Tang Soo Do changed its name to Soo Bahk Do (the style taught by current Moo Duk Kwan).  

Not everyone in the Tang Soo Do family, though, followed this course, and Tang Soo Do continues to operate on its own.


----------



## Butch (Jul 26, 2006)

Tang Soo Do was around before the Moo Duk Kwan.

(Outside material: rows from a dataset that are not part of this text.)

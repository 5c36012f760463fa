-- ===== src/Document/Visit/Everyone.antt =====
-- All elements of the tree, the tombstones with them, in the order in which the walk goes through
-- the tree. What the walk visits is what it keeps of them.
use crdt_networking_applicat.Prelude.{
  ℕ, zero, suc, ◌+◌, ◌≤◌, ◌≡◌, refl, sym, ap, ap₂, ◌∙◌, inl, inr, List, [], ◌∷◌, ◌++◌, arith,
  Bool-cases, length, if◌then◌else◌,
}
use crdt_networking_applicat.Prelude.Maps.{lookup}
use crdt_networking_applicat.Ids.{ElementId, id_key, root_id}
use crdt_networking_applicat.Operation.{InsertOperation}
use crdt_networking_applicat.Document.{Document, list_at}
use crdt_networking_applicat.Document.Invariant.{Has}
use crdt_networking_applicat.Document.History.{Holds}
use crdt_networking_applicat.Document.Visit.Fold.{
  is_visible, flat, visible_from, visible, child_ranks,
}
use crdt_networking_applicat.Document.Visit.Members.{flat_congr}

unfoldable pub everyone_from : ℕ → Document → ElementId → List ElementId
everyone_from zero d x = []
everyone_from (suc k) d x = x ∷ flat (everyone_from k d) (list_at (lookup x d.children))

-- the subtree of an element, and the whole tree
abbrev pub subtree : Document → ElementId → List ElementId
subtree d = everyone_from (length d.elements) d

abbrev pub everyone : Document → List ElementId
everyone d = subtree d root_id

-- the visible ones of some elements
unfoldable pub shown : Document → List ElementId → List ElementId
shown d [] = []
shown d (x ∷ xs) = let rest = shown d xs in if is_visible d x then x ∷ rest else rest

pub shown-append :
    (d : Document) (xs ys : List ElementId) → shown d (xs ++ ys) ≡ shown d xs ++ shown d ys
unfolding shown
shown-append d [] ys = refl
shown-append d (x ∷ xs) ys = elim (Bool-cases (is_visible d x)) [
  | inl e ↦ rw e (ap (λ l. x ∷ l) (shown-append d xs ys))
  | inr e ↦ rw e (shown-append d xs ys)
]

shown-flat :
    (d : Document) (f g : ElementId → List ElementId) (xs : List ElementId)
    → ((x : ElementId) → g x ≡ shown d (f x))
    → flat g xs ≡ shown d (flat f xs)
unfolding flat shown
shown-flat d f g [] h = refl
shown-flat d f g (x ∷ xs) h =
    ap₂ (λ l m. l ++ m) (h x) (shown-flat d f g xs h) ∙ sym (shown-append d (f x) (flat f xs))

visible_from-shown :
    (k : ℕ) (d : Document) (x : ElementId) → visible_from k d x ≡ shown d (everyone_from k d x)
unfolding visible_from everyone_from shown
visible_from-shown zero d x = refl
visible_from-shown (suc k) d x =
    let kids = list_at (lookup x d.children) in
    let below = shown-flat d (everyone_from k d) (visible_from k d) kids (visible_from-shown k d) in
    elim (Bool-cases (is_visible d x)) [ inl e ↦ rw e (ap (λ l. x ∷ l) below) | inr e ↦ rw e below ]

pub visible-shown : (d : Document) → visible d ≡ shown d (everyone d)
unfolding visible
visible-shown d = visible_from-shown (length d.elements) d root_id

module _ {T : InsertOperation → Type 0} {R : ElementId → Type 0} {d : Document}
    (v : Holds T R d) where
  -- More fuel than the depth changes nothing.
  pub everyone_from-fuel :
      (k k' : ℕ) (x : ElementId)
      → Has d x
      → length d.elements ≤ k + v.rank x
      → length d.elements ≤ k' + v.rank x
      → everyone_from k d x ≡ everyone_from k' d x
  unfolding everyone_from
  everyone_from-fuel zero k' x h e e' = absurd (omega (arith, v.rank_lt x h))
  everyone_from-fuel (suc k) zero x h e e' = absurd (omega (arith, v.rank_lt x h))
  everyone_from-fuel (suc k) (suc k') x h e e' =
      ap (λ l. x ∷ l)
        (flat_congr (everyone_from k d) (everyone_from k' d) (list_at (lookup x d.children)) λ y m.
          let (there, below, _) = child_ranks v x y m in
          everyone_from-fuel k k' y there (omega arith) (omega arith))

  pub subtree-unfold :
      (x : ElementId) → Has d x → subtree d x ≡ x ∷ flat (subtree d) (list_at (lookup x d.children))
  subtree-unfold x h =
      everyone_from-fuel (length d.elements) (suc (length d.elements)) x h (omega arith)
        (omega arith)
      ∙ unfold everyone_from in refl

The term Tang Soo Do was first used by GM Lee, Won Kuk, but most of the Tang Soo Do stylist, except for the Moo Duk Kwan, went with TaeKwonDo after 1957.

GM Shin has changed the hyungs somewhat after he left the Moo Duk Kwan that is the reason for the different look in the WTSDA.

Yes the USTSDMDKF has changed their name and also changed their hyungs so that they are no longer TSD but are now SooBahkDo.

TangSooDo is so ingrained in MDK that when someone talks about one they are talking about the other, but that is changing.

I hopes this helps.
Butch


----------



## rmclain (Jul 26, 2006)

Before 1965 or so, most strike/kick-type martial art schools called their art either Tang Soo Do, Kong Soo Do, Kwon Bup or Kwon Soo Do (not a well known name).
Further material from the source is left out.